Baseline demographics, endoscopic findings and histopathology wer

Baseline demographics, endoscopic findings and histopathology were recorded and evaluated using Pearson’s chi-square. Results: Nineteen patients (15.8%) were categorized

as early-onset CRC while 101 patients (84.2%) were late-onset. The incidence of early-onset CRC was estimated at 1.2%; and late-onset CRC at 3.2%. No gender predilection this website was noted (p-value 0.184). Rectal bleeding was the most common chief complaint for both early-onset and late-onset colorectal cancer. Early-onset cancers were well-differentiated adenocarcinoma (52.6%) followed by mucinous adenocarcinoma (21.1%). Well-differentiated adenocarcinoma in the late-onset group was observed in 57.4% followed by high-grade dysplasia in the

background of adenoma (19.8%). There was a statistically significant difference in the histology in both groups (p-value 0.006). Conclusion: Early-onset cancers were predominantly well-differentiated adenocarcinoma followed by mucinous adenocarcinoma compared to late-onset cancers with well-differentiated adenocarcinoma followed by high-grade dysplasia. No significant difference was seen as to gender predilection, site of involvement and presence of synchronous lesions. Key Word(s): 1. colorectal cancer; Table 1. Characteristics of Early- and Late-Onset CRC Characteristic Early-Onset (n=18) Late-Onset (n=101) p-value N % N % Age, mean ± SD 44 ± 5.37   68 ± 10.9     Sex Female 11 55.5 44 43.6 0.184 Male 8 44.4 57 56.4 Location Cecum 0 0 8 7.9 0.371 Ascending MLN0128 clinical trial 0 0 11 10.9 Transverse 1 5.3 7 6.9 Descending 0 0 7 6.9 Sigmoid 6 31.6 21 20.8 Rectosigmoid 3 15.8 20 19.8 Rectal 9 47.4 27 26.7 Histopathology Adenocarcinoma Well-differentiated 10 52.6 58 57.4

0.006 Moderate 2 10.5 6 5.9   Poor 0 0 3 3.0   Intramucosal AdenoCa 1 5.3 12 11.9   Adenoma with dysplasia   0   0   High-grade 2 10.5 20 19.8   Low-grade 0 0 1 1.0   Mucinous AdenoCa 4 21.11 ASK1 1 1.0   Presence of polyps on multiple locations Yes 7 38.8 47 46.5 0.464 No 11 61.1 54 53.5   Two sites of cancer Yes 1 5.5 6 5.9 1.000 No 17 94.4 95 94.1 Presenting Author: RONA MARIEAGUILAR ATA Corresponding Author: RONA MARIEAGUILAR ATA Affiliations: Makati Objective: Current data on the prevalence of colorectal neoplasia in the country are lacking. The objectives of the present study are: to determine the prevalence of colorectal polyps and colorectal neoplasia among patients undergoing first-time colonoscopy; and to determine the distribution patterns and risk factors associated with colorectal neoplasia. Methods: A cross-sectional analysis of patients undergoing first-time colonoscopy was performed. Demographic, clinical, endoscopic and histopathologic data were recorded. Data analysis was done using frequencies and percentages Logistic regression analysis was used to determine the risk factors associated with the presence of colonic polyps.

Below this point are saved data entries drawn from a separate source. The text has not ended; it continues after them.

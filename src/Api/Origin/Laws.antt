-- ===== src/Api/Origin/Laws.antt =====
-- The allowed origins as a flag and as its text.
use che_machine_exec.Common.{
  ℕ, ◌≡◌, refl, ap, ◌∙◌, Text, is_empty, trim_space, split, join, cons_piece, false, List, [], ◌∷◌,
  ◌++◌, ◌==◌, ==_iff, All,
}
use che_machine_exec.Api.Origin.{string_of, keep_trimmed, parse_allowed_origins}

abbrev pub HasNoSep : ℕ → Text → Type 0
HasNoSep sep s = All (λ c. (c == sep) ≡ false) s

split-HasNoSep : (sep : ℕ) (s : Text) → HasNoSep sep s → split sep s ≡ s ∷ []
unfolding split cons_piece
split-HasNoSep sep [] h = refl
split-HasNoSep sep (c ∷ s) h = rw (h.0, split, split-HasNoSep sep s h.1, cons_piece) refl

split-append :
    (sep : ℕ) (s rest : Text) → HasNoSep sep s → split sep (s ++ sep ∷ rest) ≡ s ∷ split sep rest
unfolding split cons_piece
split-append sep [] rest h = rw ((==_iff sep sep).1 refl) refl
split-append sep (c ∷ s) rest h = rw (h.0, split, split-append sep s rest h.1, cons_piece) refl

-- Splitting at a separator undoes joining with it.
pub split-join :
    (sep : ℕ) (p : Text) (ps : List Text)
    → All (HasNoSep sep) (p ∷ ps)
    → split sep (join (sep ∷ []) (p ∷ ps)) ≡ p ∷ ps
unfolding join
split-join sep p [] h = split-HasNoSep sep p h.0
split-join sep p (q ∷ ps) h =
    split-append sep p (join (sep ∷ []) (q ∷ ps)) h.0 ∙ ap (λ l. p ∷ l) (split-join sep q ps h.1)

-- A text without spaces around it that can stand in the list.
abbrev pub IsOrigin : Text → Type 0
IsOrigin o = (is_empty o ≡ false) × (trim_space o ≡ o) × HasNoSep b',' o

keep_trimmed-IsOrigin : (os : List Text) → All IsOrigin os → keep_trimmed os ≡ os
unfolding keep_trimmed
keep_trimmed-IsOrigin [] h = refl
keep_trimmed-IsOrigin (o ∷ os) h =
    rw (h.0.1, keep_trimmed, h.0.0, keep_trimmed-IsOrigin os h.1) refl

seps : (os : List Text) → All IsOrigin os → All (HasNoSep b',') os
seps [] h = tt
seps (o ∷ os) h = (h.0.2, seps os h.1)

-- Reading the text that `String` gives back yields the same origins, in their order, when each of
-- them is a non-empty text without a comma and without spaces around it.
pub parse_allowed_origins-string_of :
    (os : List Text) → All IsOrigin os → parse_allowed_origins (string_of os) ≡ os
unfolding parse_allowed_origins keep_trimmed split join trim_space is_empty
parse_allowed_origins-string_of [] h = refl
parse_allowed_origins-string_of (o ∷ os) h =
    ap keep_trimmed (split-join b',' o os (seps (o ∷ os) h)) ∙ keep_trimmed-IsOrigin (o ∷ os) h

In these patients four clinical features: (i) age at onset of the

In these patients four clinical features: (i) age at onset of the biliary symptoms; (ii) occurrence of acute complications, e.g., recurrent cholangitis or pancreatitis; (iii) occurrence of chronic complications, e.g., secondary sclerosing cholangitis, segmental MLN8237 datasheet dilatations of the intrahepatic biliary tract filled with gallstones; (iv) occurrence of ICP with or without severe complications (spontaneous premature delivery, fetal distress, stillborn fetus), were studied according

to the presence or not of ABCB4 variant, and the type of variation if present. All patients were identified by the clinicians responsible for their care. Informed consent was obtained from all subjects and the study was approved by the local Ethical Committee. Genomic DNA was obtained from peripheral white blood cells using standard procedures. To check selleck kinase inhibitor for the presence of sequence variants of the ABCB4 gene, 27 pairs of exon-specific primers were used to amplify the 27 coding exons of the ABCB4 gene together with their respective exon/intron boundaries. After purification, the polymerase chain reaction (PCR) products were sequenced using amplification

primers and the Big Dye Terminator Chemistry. Sequencing products were run after purification on an ABI 3130 Genetic Analyser (Applied Biosystems). Identification and localization of ABCB4 gene sequence variations were assessed by sequence comparisons with the SeqScape Software (v. 2.5; Applied Biosystems). Quantitative variables are expressed as means ± SD. Continuous variables were compared using the Wilcoxon rank sign test or the Kruskal-Wallis test when more than two groups were compared. Quantitative variables were compared using the chi-squared test. A difference was considered statistically significant when the P < 0.05. The R software was used

for all comparisons. A variant was detected in 79 (61 missense and 18 truncating sequence variants) of the 156 patients. The lists providing the sequence variations (nature, location, status) are provided in Tables 1 and 2. Among the 61 patients with missense variants, three were homozygotes and nine were compound heterozygotes. All the patients with a truncating variant were heterozygotes and four were compound heterozygotes. As shown in Table 3, age at onset of symptoms, sex ratio, frequency of either acute (cholangitis PTK6 or pancreatitis), or chronic complications (cholangitis with or without segmental dilatations of the intrahepatic biliary tree), ICP with or without fetal complications (spontaneous prematurity, fetal distress, stillborn fetus) did not differ significantly between the patients with or without ABCB4 variation. Overall, 70% of the patients with an altered genotype were women (P < 0.001); the mean age at the onset of symptoms was 38.7 years for men and 29.1 years for women (P < 0.003). Age at the onset of symptoms differed also according to the type of variant and gender.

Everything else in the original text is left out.